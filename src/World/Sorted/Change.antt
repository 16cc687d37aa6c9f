-- ===== src/World/Sorted/Change.antt =====
-- `makeBlockChange` of procedures.c with USE_SORTED_BLOCK_CHANGES, with its broadcast and the
-- invalidation of the section cache.
pub mod Fresh
use macintosh_craft.Base.{
  ℕ, zero, suc, ◌+◌, ◌-◌, ◌*◌, ◌/◌, ◌%◌, ◌^◌, ◌≤◌, ◌<◌, ◌≡◌, ◌≢◌, refl, sym, ap, ◌∙◌, Bool, true,
  false, not, ◌&&◌, ◌||◌, Option, none, some, List, [], ◌∷◌, ◌++◌, length, inl, inr, ◌⊎◌, ◌↔◌,
  arith, Bool-cases, Option-cases, ltb, leb, ◌==◌, if◌then◌else◌, ==→eq, ==_iff, ltb→lt, leb→le,
}
use macintosh_craft.Base.Int.{pos}
use macintosh_craft.Terrain.{Generator}
use macintosh_craft.World.Changes.{Changes, Place}
use macintosh_craft.World.Blocks.{
  Viewer, Packet, in_game, send_update, fail_block_change, is_base_block,
}
use macintosh_craft.World.Cache.{Cache, invalidate_chunk_cache}
use macintosh_craft.World.Sorted.{
  SortedOutcome, unchanged, changed, no_space, store_sorted_change, get_sorted_change,
}
use macintosh_craft.Terrain.Feature.{anchor_of, get_terrain_at}
use macintosh_craft.Base.Int.{ℤ, pos_part, ltb_ℤ, to_i16, to_u8}
use macintosh_craft.Registry.{Block}
use macintosh_craft.Terrain.{block}
use macintosh_craft.World.Changes.{gap}

-- `getBlockAt` of worldgen.c, over the sorted array.
unfoldable pub get_sorted_block_at : Generator → Changes → ℤ → ℤ → ℤ → ℕ
get_sorted_block_at g s x y z =
    let change = get_sorted_change s (record { x = to_i16 x; y = to_u8 y; z = to_i16 z }) in
    if ltb_ℤ y (pos 0)
    then block g Block.bedrock
    else if not (change == gap)
    then change
    else get_terrain_at g x (pos_part y) z (anchor_of g x z)

-- The state after the call, what it sent, and the value that it returns.
pub record SortedEffect : Type 0 where
  pub changes : Changes
  pub cache : Cache
  pub sent : List Packet
  pub failed : Bool

unfoldable pub finish_sorted :
    Generator → Changes → Cache → Place → List ℤ → List Packet → SortedOutcome → SortedEffect
finish_sorted g s c p fds sent unchanged = record {
  changes = s;
  cache = c;
  sent = sent;
  failed = false;
}
finish_sorted g s c p fds sent (changed t) = record {
  changes = t;
  cache = invalidate_chunk_cache c p.x p.y p.z;
  sent = sent;
  failed = false;
}
finish_sorted g s c p fds sent no_space = record {
  changes = s;
  cache = c;
  sent = sent ++ fail_block_change p (get_sorted_block_at g s p.x (pos p.y) p.z) fds;
  failed = true;
}

unfoldable pub make_sorted_block_change :
    Generator → List Viewer → Changes → Cache → Place → ℕ → SortedEffect
make_sorted_block_change g players s c p b =
    let fds = in_game players in
    finish_sorted g s c p fds (send_update p b fds)
      (store_sorted_change (is_base_block g p b) s p b)
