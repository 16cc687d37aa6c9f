-- ===== src/World/Sorted/Change/Fresh.antt =====
-- The linear and the binary search, and the sections that are served after a sorted change. The
-- version of `buildChunkSectionInternal` without ALLOW_CHESTS shows chests, which the modelled one
-- skips; without chests among the changes they agree.
use macintosh_craft.Base.{
  ℕ, ◌*◌, ◌/◌, ◌<◌, ◌≡◌, ◌≢◌, refl, sym, ap, ◌∙◌, false, none, List, inl, inr, Bool-cases,
}
use native.Mathlib.Decide.{ℕ_discrete}
use macintosh_craft.Terrain.{Generator}
use macintosh_craft.World.Changes.{Changes, Place, gap, is_at, get_block_change}
use macintosh_craft.World.Changes.Plain.{IsPlain, Finds, found, absent, get-Finds}
use macintosh_craft.World.Blocks.{Viewer, is_base_block}
use macintosh_craft.World.Section.{build_chunk_section_internal}
use macintosh_craft.World.Cache.{
  Cache, key_of, find_cache_entry, build_chunk_section, section_corner, invalidate_chunk_cache,
}
use macintosh_craft.World.Cache.Kept.{IsKept}
use macintosh_craft.World.Cache.Invalid.{find-invalidate_chunk_cache}
use macintosh_craft.World.Cache.Repeat.{build_chunk_section_cached}
use macintosh_craft.World.Sorted.{changed, store_sorted_change, get_sorted_change}
use macintosh_craft.World.Sorted.Search.{IsSorted, at_unique, Reads, entry, no_entry, Reads-get}
use macintosh_craft.World.Sorted.Change.{finish_sorted, make_sorted_block_change}

module _ (chest : ℕ) (s : Changes) (v : IsSorted s)
    (no_chest : (i : ℕ) → i < s.count → (s.entries i).block ≢ chest) where
  sorted-IsPlain : IsPlain chest s
  sorted-IsPlain = record {
    bounded = v.bounded;
    no_chest = no_chest;
    distinct = λ i j p hi hj _ _ ai aj. at_unique s p v i j hi hj ai aj;
  }

  Reads-Finds : (p : Place) (r : ℕ) → Reads s p r → Finds s p r
  Reads-Finds p r (no_entry none_at e) = absent (λ k h _. none_at k h) e
  Reads-Finds p r (entry j hj at e) = elim (ℕ_discrete (s.entries j).block gap) [
    | no live ↦ found j hj live at e
    | yes dead ↦
        absent
          (λ k h live. elim (Bool-cases (is_at (s.entries k) p)) [
            | inl t ↦
                absurd (live (ap (λ n. (s.entries n).block) (at_unique s p v k j h hj t at) ∙ dead))
            | inr f ↦ f
          ])
          (sym e ∙ dead)
  ]

  linear : (p : Place) → get_sorted_change s p ≡ get_block_change chest s p
  linear p = sym (get-Finds chest s p _ sorted-IsPlain (Reads-Finds p _ (Reads-get s p v)))

-- In a sorted array without chests, the binary search of one version of `getBlockChange` finds what
-- the linear search of the other version finds.
pub get_sorted_change-linear :
    (chest : ℕ) (s : Changes) (p : Place)
    → IsSorted s
    → ((i : ℕ) → i < s.count → (s.entries i).block ≢ chest)
    → get_sorted_change s p ≡ get_block_change chest s p
get_sorted_change-linear chest s p v no_chest = linear chest s v no_chest p

-- When the sorted `makeBlockChange` changes the array, it returns 0, the section of the place is not
-- found in the cache any more, and the next time the section is asked for it is built from the
-- changed array.
pub build-make_sorted_block_change :
    (g : Generator) (players : List Viewer) (s t : Changes) (c : Cache) (p : Place) (b : ℕ)
    → IsKept c
    → p.y < 256
    → store_sorted_change (is_base_block g p b) s p b ≡ changed t
    → let e = make_sorted_block_change g players s c p b in
      let cx = section_corner p.x in
      let cz = section_corner p.z in
      let cy = p.y / 16 * 16 in
      (e.failed ≡ false)
      × (e.changes ≡ t)
      × (find_cache_entry e.cache (key_of cx cy cz) ≡ none)
      × ((build_chunk_section g e.changes e.cache cx cy cz).0
          ≡ build_chunk_section_internal g t cx cy cz)
unfolding make_sorted_block_change finish_sorted
build-make_sorted_block_change g players s t c p b v low h =
    let dropped = invalidate_chunk_cache c p.x p.y p.z in
    let absent = find-invalidate_chunk_cache c p.x p.z p.y v low in
    rw (h, make_sorted_block_change)
      (
        refl,
        refl,
        absent,
        (build_chunk_section_cached g t t dropped (section_corner p.x) (section_corner p.z)
            (p.y / 16 * 16) absent).0,
      )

» **REQUIREMENT**
The entries above must be transcribed word for word.

» **RESPONSE**
filename src/World/Sorted/Change.antt
repository 16cc687d37aa6c9f
-- ===== src/World/Sorted/Change.antt =====
-- `makeBlockChange` of procedures.c with USE_SORTED_BLOCK_CHANGES, with its broadcast and the
-- invalidation of the section cache.
pub mod Fresh
use macintosh_craft.Base.{
  ℕ, zero, suc, ◌+◌, ◌-◌, ◌*◌, ◌/◌, ◌%◌, ◌^◌, ◌≤◌, ◌<◌, ◌≡◌, ◌≢◌, refl, sym, ap, ◌∙◌, Bool, true,
  false, not, ◌&&◌, ◌||◌, Option, none, some, List, [], ◌∷◌, ◌++◌, length, inl, inr, ◌⊎◌, ◌↔◌,
  arith, Bool-cases, Option-cases, ltb, leb, ◌==◌, if◌then◌else◌, ==→eq, ==_iff, ltb→lt, leb→le,
}
use macintosh_craft.Base.Int.{pos}
use macintosh_craft.Terrain.{Generator}
use macintosh_craft.World.Changes.{Changes, Place}
use macintosh_craft.World.Blocks.{
  Viewer, Packet, in_game, send_update, fail_block_change, is_base_block,
}
use macintosh_craft.World.Cache.{Cache, invalidate_chunk_cache}
use macintosh_craft.World.Sorted.{
  SortedOutcome, unchanged, changed, no_space, store_sorted_change, get_sorted_change,
}
use macintosh_craft.Terrain.Feature.{anchor_of, get_terrain_at}
use macintosh_craft.Base.Int.{ℤ, pos_part, ltb_ℤ, to_i16, to_u8}
use macintosh_craft.Registry.{Block}
use macintosh_craft.Terrain.{block}
use macintosh_craft.World.Changes.{gap}

-- `getBlockAt` of worldgen.c, over the sorted array.
unfoldable pub get_sorted_block_at : Generator → Changes → ℤ → ℤ → ℤ → ℕ
get_sorted_block_at g s x y z =
    let change = get_sorted_change s (record { x = to_i16 x; y = to_u8 y; z = to_i16 z }) in
    if ltb_ℤ y (pos 0)
    then block g Block.bedrock
    else if not (change == gap)
    then change
    else get_terrain_at g x (pos_part y) z (anchor_of g x z)

-- The state after the call, what it sent, and the value that it returns.
pub record SortedEffect : Type 0 where
  pub changes : Changes
  pub cache : Cache
  pub sent : List Packet
  pub failed : Bool

unfoldable pub finish_sorted :
    Generator → Changes → Cache → Place → List ℤ → List Packet → SortedOutcome → SortedEffect
finish_sorted g s c p fds sent unchanged = record {
  changes = s;
  cache = c;
  sent = sent;
  failed = false;
}
finish_sorted g s c p fds sent (changed t) = record {
  changes = t;
  cache = invalidate_chunk_cache c p.x p.y p.z;
  sent = sent;
  failed = false;
}
finish_sorted g s c p fds sent no_space = record {
  changes = s;
  cache = c;
  sent = sent ++ fail_block_change p (get_sorted_block_at g s p.x (pos p.y) p.z) fds;
  failed = true;
}

unfoldable pub make_sorted_block_change :
    Generator → List Viewer → Changes → Cache → Place → ℕ → SortedEffect
make_sorted_block_change g players s c p b =
    let fds = in_game players in
    finish_sorted g s c p fds (send_update p b fds)
      (store_sorted_change (is_base_block g p b) s p b)
repository 16cc687d37aa6c9f
-- ===== src/World/Sorted/Change/Fresh.antt =====
-- The linear and the binary search, and the sections that are served after a sorted change. The
-- version of `buildChunkSectionInternal` without ALLOW_CHESTS shows chests, which the modelled one
-- skips; without chests among the changes they agree.
use macintosh_craft.Base.{
  ℕ, ◌*◌, ◌/◌, ◌<◌, ◌≡◌, ◌≢◌, refl, sym, ap, ◌∙◌, false, none, List, inl, inr, Bool-cases,
}
use native.Mathlib.Decide.{ℕ_discrete}
use macintosh_craft.Terrain.{Generator}
use macintosh_craft.World.Changes.{Changes, Place, gap, is_at, get_block_change}
use macintosh_craft.World.Changes.Plain.{IsPlain, Finds, found, absent, get-Finds}
use macintosh_craft.World.Blocks.{Viewer, is_base_block}
use macintosh_craft.World.Section.{build_chunk_section_internal}
use macintosh_craft.World.Cache.{
  Cache, key_of, find_cache_entry, build_chunk_section, section_corner, invalidate_chunk_cache,
}
use macintosh_craft.World.Cache.Kept.{IsKept}
use macintosh_craft.World.Cache.Invalid.{find-invalidate_chunk_cache}
use macintosh_craft.World.Cache.Repeat.{build_chunk_section_cached}
use macintosh_craft.World.Sorted.{changed, store_sorted_change, get_sorted_change}
use macintosh_craft.World.Sorted.Search.{IsSorted, at_unique, Reads, entry, no_entry, Reads-get}
use macintosh_craft.World.Sorted.Change.{finish_sorted, make_sorted_block_change}

module _ (chest : ℕ) (s : Changes) (v : IsSorted s)
    (no_chest : (i : ℕ) → i < s.count → (s.entries i).block ≢ chest) where
  sorted-IsPlain : IsPlain chest s
  sorted-IsPlain = record {
    bounded = v.bounded;
    no_chest = no_chest;
    distinct = λ i j p hi hj _ _ ai aj. at_unique s p v i j hi hj ai aj;
  }

  Reads-Finds : (p : Place) (r : ℕ) → Reads s p r → Finds s p r
  Reads-Finds p r (no_entry none_at e) = absent (λ k h _. none_at k h) e
  Reads-Finds p r (entry j hj at e) = elim (ℕ_discrete (s.entries j).block gap) [
    | no live ↦ found j hj live at e
    | yes dead ↦
        absent
          (λ k h live. elim (Bool-cases (is_at (s.entries k) p)) [
            | inl t ↦
                absurd (live (ap (λ n. (s.entries n).block) (at_unique s p v k j h hj t at) ∙ dead))
            | inr f ↦ f
          ])
          (sym e ∙ dead)
  ]

  linear : (p : Place) → get_sorted_change s p ≡ get_block_change chest s p
  linear p = sym (get-Finds chest s p _ sorted-IsPlain (Reads-Finds p _ (Reads-get s p v)))

-- In a sorted array without chests, the binary search of one version of `getBlockChange` finds what
-- the linear search of the other version finds.
pub get_sorted_change-linear :
    (chest : ℕ) (s : Changes) (p : Place)
    → IsSorted s
    → ((i : ℕ) → i < s.count → (s.entries i).block ≢ chest)
    → get_sorted_change s p ≡ get_block_change chest s p
get_sorted_change-linear chest s p v no_chest = linear chest s v no_chest p

-- When the sorted `makeBlockChange` changes the array, it returns 0, the section of the place is not
-- found in the cache any more, and the next time the section is asked for it is built from the
-- changed array.
pub build-make_sorted_block_change :
    (g : Generator) (players : List Viewer) (s t : Changes) (c : Cache) (p : Place) (b : ℕ)
    → IsKept c
    → p.y < 256
    → store_sorted_change (is_base_block g p b) s p b ≡ changed t
    → let e = make_sorted_block_change g players s c p b in
      let cx = section_corner p.x in
      let cz = section_corner p.z in
      let cy = p.y / 16 * 16 in
      (e.failed ≡ false)
      × (e.changes ≡ t)
      × (find_cache_entry e.cache (key_of cx cy cz) ≡ none)
      × ((build_chunk_section g e.changes e.cache cx cy cz).0
          ≡ build_chunk_section_internal g t cx cy cz)
unfolding make_sorted_block_change finish_sorted
build-make_sorted_block_change g players s t c p b v low h =
    let dropped = invalidate_chunk_cache c p.x p.y p.z in
    let absent = find-invalidate_chunk_cache c p.x p.z p.y v low in
    rw (h, make_sorted_block_change)
      (
        refl,
        refl,
        absent,
        (build_chunk_section_cached g t t dropped (section_corner p.x) (section_corner p.z)
            (p.y / 16 * 16) absent).0,
      )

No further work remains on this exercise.